Compares p and q according to the lexicographic ordering on \( \theta\) and \( z\)-coordinates in the cylindrical coordinate system relative to sphere.

Precondition
p and q lie on sphere, but do not coincide with the poles of sphere.
See also
CGAL::compare_x()
CGAL::compare_xy()
CGAL::compare_xy()
CGAL::compare_x_at_y()
CGAL::compare_y()
CGAL::compare_yx()
CGAL::compare_y_at_x()
CGAL::compare_z()
CGAL::compare_theta()

◆ is_theta_monotone()

template<class SphericalKernel >
bool CGAL::is_theta_monotone ( const CGAL::Circular_arc_3< SphericalKernel > &  a,
const CGAL::Sphere_3< SphericalKernel > &  sphere 
)

#include <CGAL/global_functions_spherical_kernel_3.h>

Tests whether the arc a is \( \theta\)-monotone, i.e. the intersection of any meridian anchored at the poles sphere and the arc a is reduced to at most one point in general, and two points if a pole of sphere is an endpoint of the arc.

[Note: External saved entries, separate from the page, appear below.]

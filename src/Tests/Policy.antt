-- ===== src/Tests/Policy.antt =====
-- Message ids, chains and headers, and the theorems of threading and loop prevention on them.
use nexo_plugin_email.Metrics.{escape}
use nexo_plugin_email.Metrics.Labels.{read_label, escape_lem}
use nexo_plugin_email.AutoDiscovery.{canonicalize_email}
use nexo_plugin_email.AutoDiscovery.Sender.{canonicalize_email-idempotent}
use nexo_plugin_email.Base.{
  Str, false, none, some, [], ◌∷◌, ◌≡◌, refl, codes, ◌++◌, to_ascii_lowercase,
}
use nexo_plugin_email.Events.{EmailMeta}
use nexo_plugin_email.Threading.{canonicalize_message_id, resolve_thread_root}
use nexo_plugin_email.Threading.Root.{root_of, first_canonical, candidates, resolve_thread_root_lem}
use nexo_plugin_email.LoopPrevent.{should_skip, default_cfg}
use nexo_plugin_email.LoopPrevent.Skip.{IsFirstOf, applies, priority, should_skip_lem}

abbrev raw_id : Str
raw_id = codes " <ABC@Example.COM> "

abbrev clean_id : Str
clean_id = codes "abc@example.com"

canonical_id : canonicalize_message_id raw_id ≡ some clean_id
unfolding canonicalize_message_id
canonical_id = refl

abbrev pub meta : EmailMeta
meta = record {
  message_id = some (codes "<m1@x>");
  in_reply_to = some (codes "bad id");
  references = codes "<a@x,b@y>" ∷ [];
  from = record { address = codes "ana@y.com"; name = none };
  to = [];
  cc = [];
  subject = codes "Hi";
  body_text = [];
  body_html = none;
  date = 0;
  headers_extra = (codes "precedence", codes " Bulk ") ∷ [];
  body_truncated = false;
}

resolve_thread_root_lem_example :
    resolve_thread_root meta 4 (codes "ops@x")
    ≡ root_of 4 (codes "ops@x") (first_canonical (candidates meta))
resolve_thread_root_lem_example = resolve_thread_root_lem meta 4 (codes "ops@x")

should_skip_lem_example :
    IsFirstOf
      (λ r. applies r meta (codes "ops@x") default_cfg)
      (should_skip meta (codes "ops@x") default_cfg)
      priority
should_skip_lem_example = should_skip_lem meta (codes "ops@x") default_cfg

-- A sender as it is written, and as it is kept.
abbrev sender : Str
sender = codes "Foo.Bar+spam@Gmail.com"

sender_kept : canonicalize_email sender ≡ some (codes "foobar@gmail.com")
unfolding canonicalize_email
sender_kept = refl

canonicalize_email-idempotent_example :
    (canonicalize_email (codes "foobar@gmail.com") ≡ some (codes "foobar@gmail.com"))
    × (to_ascii_lowercase (codes "foobar@gmail.com") ≡ codes "foobar@gmail.com")
canonicalize_email-idempotent_example =
    canonicalize_email-idempotent sender (codes "foobar@gmail.com") sender_kept

escape_lem_example :
    read_label (escape (codes "a\"b\\c\n") ++ b'"' ∷ codes "} 7")
    ≡ some (codes "a\"b\\c\n", codes "} 7")
escape_lem_example = escape_lem (codes "a\"b\\c\n") (codes "} 7")

-- Quoting.
abbrev label : Str
label = codes "a\"b\\"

Note that a bipolar circle has no such arcs.

Precondition
a lies on sphere, and the supporting circle of a is not bipolar.

◆ theta_extremal_point()

template<class SphericalKernel >
CGAL::Circular_arc_point_3<SphericalKernel> CGAL::theta_extremal_point ( const CGAL::Circle_3< SphericalKernel > &  c,
const CGAL::Sphere_3< SphericalKernel sphere,
bool  b 
)

#include <CGAL/global_functions_spherical_kernel_3.h>

Returns the point on the circle that is extremal in \( \theta\) using the cylindrical coordinate system relative to sphere, and that has the smallest (resp. largest) \( \theta\)-coordinate of the two points if b is true (resp. false).

See Section Spherical Kernel Objects for definitions.

Precondition
c lies on sphere and is a normal circle.

◆ theta_extremal_points()

template<class SphericalKernel , class OutputIterator >
OutputIterator CGAL::theta_extremal_points ( const CGAL::Circle_3< SphericalKernel > &  c,
const CGAL::Sphere_3< SphericalKernel > &  sphere,
OutputIterator  res 
)

#include <CGAL/global_functions_spherical_kernel_3.h>

Copies in the output iterator the \( \theta\)-extremal points of the circle relatively to sphere.

res iterates on elements of type Circular_arc_point_3<SphericalKernel>, lexicographically sorted in the cylindrical coordinate system relative to sphere. See Section Spherical Kernel Objects for definitions.

Precondition
c lies on sphere and is a normal circle.
Examples:
Circular_kernel_3/functor_compare_theta_3.cpp.

◆ x_extremal_point()

template<class SphericalKernel >
CGAL::Circular_arc_point_3<SphericalKernel> CGAL::x_extremal_point ( const CGAL::Circle_3< SphericalKernel > &  c,
bool  b 
)

#include <CGAL/global_functions_spherical_kernel_3.h>

Same for a circle.

Precondition
The circle is not contained in a plane orthogonal to the \( x\)-axis.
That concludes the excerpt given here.